HOME

10 Maret, 2022

Definisi Sanad Dan Matan

Secara bahasa, sanad berasal dari kata sanada yasnudu sunudan.[1] Sanad berarti

ماارتفع من الأرض في قبل الجبل أو الوادي[2]

       “Tanah yang tinggi di muka/bukit gunung atau wadi.”[3] 

Tidak jauh berbeda, menurut Ibn Jama‘ah ia berarti

ما ارتفع و علا من سفح الجبل

“Tanah yang muncul naik dan meninggi di kaki bukit”

 

Dalam bahasa Arab, dikatakan si fulan sanad atau dalam kata lain mu’tamad yang berarti ia menjadi sandaran, pegangan ataupun pedoman.[4] Dengan kata lain sanad secara bahasa berarti pedoman dan sandaran. Ia juga berarti tinggi, karena sanad meninggikan atau mengangkat hadis ke atas menuju sumbernya dalam hal ini adalah Nabi SAW.

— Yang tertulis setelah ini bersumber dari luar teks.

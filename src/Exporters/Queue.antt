-- ===== src/Exporters/Queue.antt =====
-- exporter/common.go: the queue and the retries of an exporter, with their defaults.
use telemetry_controller.Prelude.{
  String, Bool, true, Option, none, some, List, [], ◌∷◌, ◌++◌, ℤ, pos,
}
use telemetry_controller.Api.{QueueBatch, QueueSettings, BackOffConfig}
use telemetry_controller.Values.{Value, text, flag, config}
use telemetry_controller.Values.Json.{int, optional, nonempty, elements}

pub record QueueBatchPartitionWrapper : Type 0 where
  pub metadata_keys : List String

pub record QueueBatchWrapper : Type 0 where
  pub flush_timeout : String
  pub min_size : Option ℤ
  pub max_size : Option ℤ
  pub sizer : Option String
  pub partition : Option QueueBatchPartitionWrapper

pub record QueueWrapper : Type 0 where
  pub enabled : Option Bool
  pub num_consumers : Option ℤ
  pub queue_size : Option ℤ
  pub sizer : Option String
  pub wait_for_result : Option Bool
  pub block_on_overflow : Option Bool
  pub storage : Option String
  pub batch : Option QueueBatchWrapper

pub record BackOffWrapper : Type 0 where
  pub enabled : Option Bool
  pub initial_interval : Option String
  pub randomization_factor : Option String
  pub multiplier : Option String
  pub max_interval : Option String
  pub max_elapsed_time : Option String

partition_of : List String → Option QueueBatchPartitionWrapper
partition_of [] = none
partition_of (k ∷ ks) = some (record { metadata_keys = k ∷ ks })

-- newQueueBatchWrapper
unfoldable pub new_queue_batch_wrapper : QueueBatch → QueueBatchWrapper
unfolding partition_of
new_queue_batch_wrapper b = record {
  flush_timeout = b.flush_timeout;
  min_size = b.min_size;
  max_size = b.max_size;
  sizer = b.sizer;
  partition = partition_of b.metadata_keys;
}

-- `if user != nil { field = user }`
abbrev pub override : {A : Type 0} → Option A → Option A → Option A
override none field = field
override (some a) field = some a

override_batch : Option QueueBatch → Option QueueBatchWrapper → Option QueueBatchWrapper
override_batch none field = field
override_batch (some b) field = some (new_queue_batch_wrapper b)

-- setDefaultQueueSettings
unfoldable pub set_default_queue_settings : Option QueueSettings → QueueWrapper → QueueWrapper
unfolding override_batch new_queue_batch_wrapper
set_default_queue_settings none q = record q { enabled = some true; queue_size = some (pos 1000) }
set_default_queue_settings (some s) q = record q {
  enabled = some true;
  num_consumers = override s.num_consumers q.num_consumers;
  queue_size = override s.queue_size (some (pos 1000));
  sizer = override s.sizer q.sizer;
  wait_for_result = override s.wait_for_result q.wait_for_result;
  block_on_overflow = override s.block_on_overflow q.block_on_overflow;
  batch = override_batch s.batch q.batch;
}

-- setDefaultBackOffConfig
unfoldable pub set_default_back_off_config : Option BackOffConfig → BackOffWrapper → BackOffWrapper
set_default_back_off_config none b = record b { enabled = some true; max_elapsed_time = some "0s" }
set_default_back_off_config (some c) b = record b {
  enabled = some true;
  initial_interval = override c.initial_interval b.initial_interval;
  randomization_factor = override c.randomization_factor b.randomization_factor;
  multiplier = override c.multiplier b.multiplier;
  max_interval = override c.max_interval b.max_interval;
  max_elapsed_time = override c.max_elapsed_time (some "0s");
}

-- &queueWrapper{} and &backOffWrapper{}
abbrev pub empty_queue : QueueWrapper
empty_queue = record {
  enabled = none;
  num_consumers = none;
  queue_size = none;
  sizer = none;
  wait_for_result = none;
  block_on_overflow = none;
  storage = none;
  batch = none;
}

abbrev pub empty_back_off : BackOffWrapper
empty_back_off = record {
  enabled = none;
  initial_interval = none;
  randomization_factor = none;
  multiplier = none;
  max_interval = none;
  max_elapsed_time = none;
}

-- The json tags of these structs.
partition_value : QueueBatchPartitionWrapper → Value
partition_value p = config (elements text "metadata_keys" p.metadata_keys)

batch_value : QueueBatchWrapper → Value
batch_value b = config (
    nonempty "flush_timeout" b.flush_timeout
    ++ optional int "min_size" b.min_size
    ++ optional int "max_size" b.max_size
    ++ optional text "sizer" b.sizer
    ++ optional partition_value "partition" b.partition)

unfoldable pub queue_value : QueueWrapper → Value
unfolding batch_value partition_value
queue_value q = config (
    optional flag "enabled" q.enabled
    ++ optional int "num_consumers" q.num_consumers
    ++ optional int "queue_size" q.queue_size
    ++ optional text "sizer" q.sizer
    ++ optional flag "wait_for_result" q.wait_for_result
    ++ optional flag "block_on_overflow" q.block_on_overflow
    ++ optional text "storage" q.storage
    ++ optional batch_value "batch" q.batch)

unfoldable pub back_off_value : BackOffWrapper → Value
back_off_value b = config (
    optional flag "enabled" b.enabled
    ++ optional text "initial_interval" b.initial_interval
    ++ optional text "randomization_factor" b.randomization_factor
    ++ optional text "multiplier" b.multiplier
    ++ optional text "max_interval" b.max_interval
    ++ optional text "max_elapsed_time" b.max_elapsed_time)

Sedangkan isnad secara bahasa mempunyai arti menyandarkan, mengangkat, mengasalkan. Maksudnya

رفع الحديث إلى قائله

       “Menyandarkan hadis kepada orang yang  mengatakannya”

maupun

عزو الحديث إلى قائله

       “Mengasalkan hadis kepada orang yang mengatakannya.”[5]

Menurut al-Tibby makna sanad dan isnad berdekatan, hampir sama, melihat berpegangnya muhadisin kepada keduanya dalam penelitian keabsahan hadis. Bahkan Ibn Jama‘ah menegaskan bahwa muhadisin menggunakan kedua istilah tersebut untuk satu hal yang sama.[6]

Sementara, sanad secara terminologis adalah

سلسلة الرجال الموصلة للمتن[7]

       “Rangkaian mata rantai para perawi yang menghubungkan ke Matan hadis.”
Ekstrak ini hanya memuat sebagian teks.